PROVIDED MATERIAL section start
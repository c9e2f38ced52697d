-- ===== src/App/Lifecycle.antt =====
-- internal/app/lifecycle.go: the supervisors of the services, the exit code and the closing. The
-- goroutines' steps are events in some order: between two of them nothing else happens. Durations are
-- nanoseconds. The readiness barrier, log lines and error texts are left out.
pub mod Moves
pub mod Backoff
pub mod Ends
pub mod Stops
pub mod Closing
use sakura_nexus.Base.{
  ℕ, zero, suc, ◌+◌, ◌*◌, Bool, true, false, Option, none, some, List, [], ◌∷◌, map, if◌then◌else◌,
  ◌==◌, leb, length,
}
use sakura_nexus.Base.Int.{ℤ, pos, leb_ℤ, pos_part}

pub data Criticality : Type 0 where
  core degradable : Criticality

pub record Options : Type 0 where
  pub shutdown_timeout : ℤ
  pub restart_backoff : ℤ
  pub restart_backoff_max : ℤ
  pub stable_run : ℤ

-- What the options are once they are filled in.
pub record Filled : Type 0 where
  pub shutdown_timeout : ℕ
  pub restart_backoff : ℕ
  pub restart_backoff_max : ℕ
  pub stable_run : ℕ

abbrev pub or_default : ℤ → ℕ → ℕ
or_default n def = if leb_ℤ n (pos 0) then def else pos_part n

unfoldable pub fill : Options → Filled
fill o = record {
  shutdown_timeout = or_default o.shutdown_timeout 30000000000;
  restart_backoff = or_default o.restart_backoff 100000000;
  restart_backoff_max = or_default o.restart_backoff_max 30000000000;
  stable_run = or_default o.stable_run 60000000000;
}

-- Where a supervisor is in its loop: in `Run`, before `coreFatal`, in the wait, or out of it. The number
-- is `backoff`.
pub data Supervisor : Type 0 where
  running waiting : ℕ → Supervisor
  failing returned : Supervisor

-- `Run` returns or panics; `coreFatal` is called; the wait is over, some time after the start of `Run`;
-- the wait is ended by the context.
pub data Move : Type 0 where
  run_returns fatal woken : Move
  timer : ℕ → Move

unfoldable pub next_backoff : Filled → ℕ → ℕ → ℕ
next_backoff o elapsed backoff =
    if leb o.stable_run elapsed
    then o.restart_backoff
    else if leb (backoff * 2) o.restart_backoff_max
    then backoff * 2
    else o.restart_backoff_max

-- A move of one supervisor, if it is at a point where it can make it.
unfoldable pub supervise : Filled → Supervisor → Move → Bool → Criticality → Option Supervisor
unfolding next_backoff
supervise o (running b) run_returns true crit = some returned
supervise o (running b) run_returns false core = some failing
supervise o (running b) run_returns false degradable = some (waiting b)
supervise o (running b) fatal cancelled crit = none
supervise o (running b) woken cancelled crit = none
supervise o (running b) (timer elapsed) cancelled crit = none
supervise o (waiting b) run_returns cancelled crit = none
supervise o (waiting b) fatal cancelled crit = none
supervise o (waiting b) woken true crit = some returned
supervise o (waiting b) woken false crit = none
supervise o (waiting b) (timer elapsed) cancelled crit = some (running (next_backoff o elapsed b))
supervise o failing run_returns cancelled crit = none
supervise o failing fatal cancelled crit = some returned
supervise o failing woken cancelled crit = none
supervise o failing (timer elapsed) cancelled crit = none
supervise o returned m cancelled crit = none

unfoldable pub move_at :
    Filled
    → Bool
    → Move
    → ℕ
    → List (Criticality × Supervisor)
    → Option (List (Criticality × Supervisor))
unfolding supervise
move_at o cancelled m i [] = none
move_at o cancelled m zero ((crit, s) ∷ sups) = elim (supervise o s m cancelled crit) [
  | none ↦ none
  | some s' ↦ some ((crit, s') ∷ sups)
]
move_at o cancelled m (suc i) (x ∷ sups) = elim (move_at o cancelled m i sups) [
  | none ↦ none
  | some sups' ↦ some (x ∷ sups')
]

pub record App : Type 0 where
  pub supervisors : List (Criticality × Supervisor)
  pub cancelled : Bool
  pub exit_code : ℕ
  pub fatal_done : Bool
  pub restart_req : Bool

-- `Run` at its start: every service is run, in its goroutine.
unfoldable pub start : Filled → List Criticality → App
start o crits = record {
  supervisors = map (λ crit. (crit, running o.restart_backoff)) crits;
  cancelled = false;
  exit_code = 0;
  fatal_done = false;
  restart_req = false;
}

-- The first of the fatal ends counts.
unfoldable pub core_fatal : App → App
core_fatal a = if a.fatal_done then a else record {
  supervisors = a.supervisors;
  cancelled = true;
  exit_code = 1;
  fatal_done = true;
  restart_req = a.restart_req;
}

unfoldable pub request_restart : App → App
request_restart a = record {
  supervisors = a.supervisors;
  cancelled = true;
  exit_code = a.exit_code;
  fatal_done = a.fatal_done;
  restart_req = true;
}

-- The context of the caller ends.
unfoldable pub parent_done : App → App
parent_done a = record {
  supervisors = a.supervisors;
  cancelled = true;
  exit_code = a.exit_code;
  fatal_done = a.fatal_done;
  restart_req = a.restart_req;
}

pub data Event : Type 0 where
  moves : ℕ → Move → Event
  restart parent : Event

abbrev pub with_supervisors : App → List (Criticality × Supervisor) → App
with_supervisors a sups = record {
  supervisors = sups;
  cancelled = a.cancelled;
  exit_code = a.exit_code;
  fatal_done = a.fatal_done;
  restart_req = a.restart_req;
}

unfoldable pub after_move : Move → App → App
unfolding core_fatal
after_move fatal a = core_fatal a
after_move run_returns a = a
after_move woken a = a
after_move (timer elapsed) a = a

unfoldable pub step : Filled → Event → App → Option App
unfolding move_at after_move request_restart parent_done
step o restart a = some (request_restart a)
step o parent a = some (parent_done a)
step o (moves i m) a = elim (move_at o a.cancelled m i a.supervisors) [
  | none ↦ none
  | some sups ↦ some (after_move m (with_supervisors a sups))
]

unfoldable pub run_events : Filled → List Event → App → Option App
unfolding step
run_events o [] a = some a
run_events o (e ∷ es) a = elim (step o e a) [ none ↦ none | some a' ↦ run_events o es a' ]

-- What `Run` returns in the end.
unfoldable pub exit_status : App → ℕ
exit_status a = if a.exit_code == 0 then (if a.restart_req then 75 else 0) else a.exit_code

module _ {W Service : Type 0} (shutdown : Service → W → Bool × W) where
  unfoldable pub get_elem? : List Service → ℕ → Option Service
  get_elem? [] i = none
  get_elem? (s ∷ ss) zero = some s
  get_elem? (s ∷ ss) (suc i) = get_elem? ss i

  -- The loop from the last service down; an error is logged.
  unfoldable pub close_down : List Service → ℕ → W → W
  unfolding get_elem?
  close_down regs zero w = w
  close_down regs (suc i) w = elim (get_elem? regs i) [
    | none ↦ w
    | some s ↦ close_down regs i (shutdown s w).1
  ]

  unfoldable pub close_all : List Service → W → W
  unfolding close_down
  close_all regs w = close_down regs (length regs) w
PROVIDED MATERIAL section end
**WORK TO COMPLETE**: Copy out each line of the data above, exactly, if it lies between the line holding "running waiting : ℕ → Supervisor" and the line holding "else o.restart_backoff_max", inclusive; copy no other line.

**REPLY TO THE EXERCISE**:
  running waiting : ℕ → Supervisor
  failing returned : Supervisor

-- `Run` returns or panics; `coreFatal` is called; the wait is over, some time after the start of `Run`;
-- the wait is ended by the context.
pub data Move : Type 0 where
  run_returns fatal woken : Move
  timer : ℕ → Move

unfoldable pub next_backoff : Filled → ℕ → ℕ → ℕ
next_backoff o elapsed backoff =
    if leb o.stable_run elapsed
    then o.restart_backoff
    else if leb (backoff * 2) o.restart_backoff_max
    then backoff * 2
    else o.restart_backoff_max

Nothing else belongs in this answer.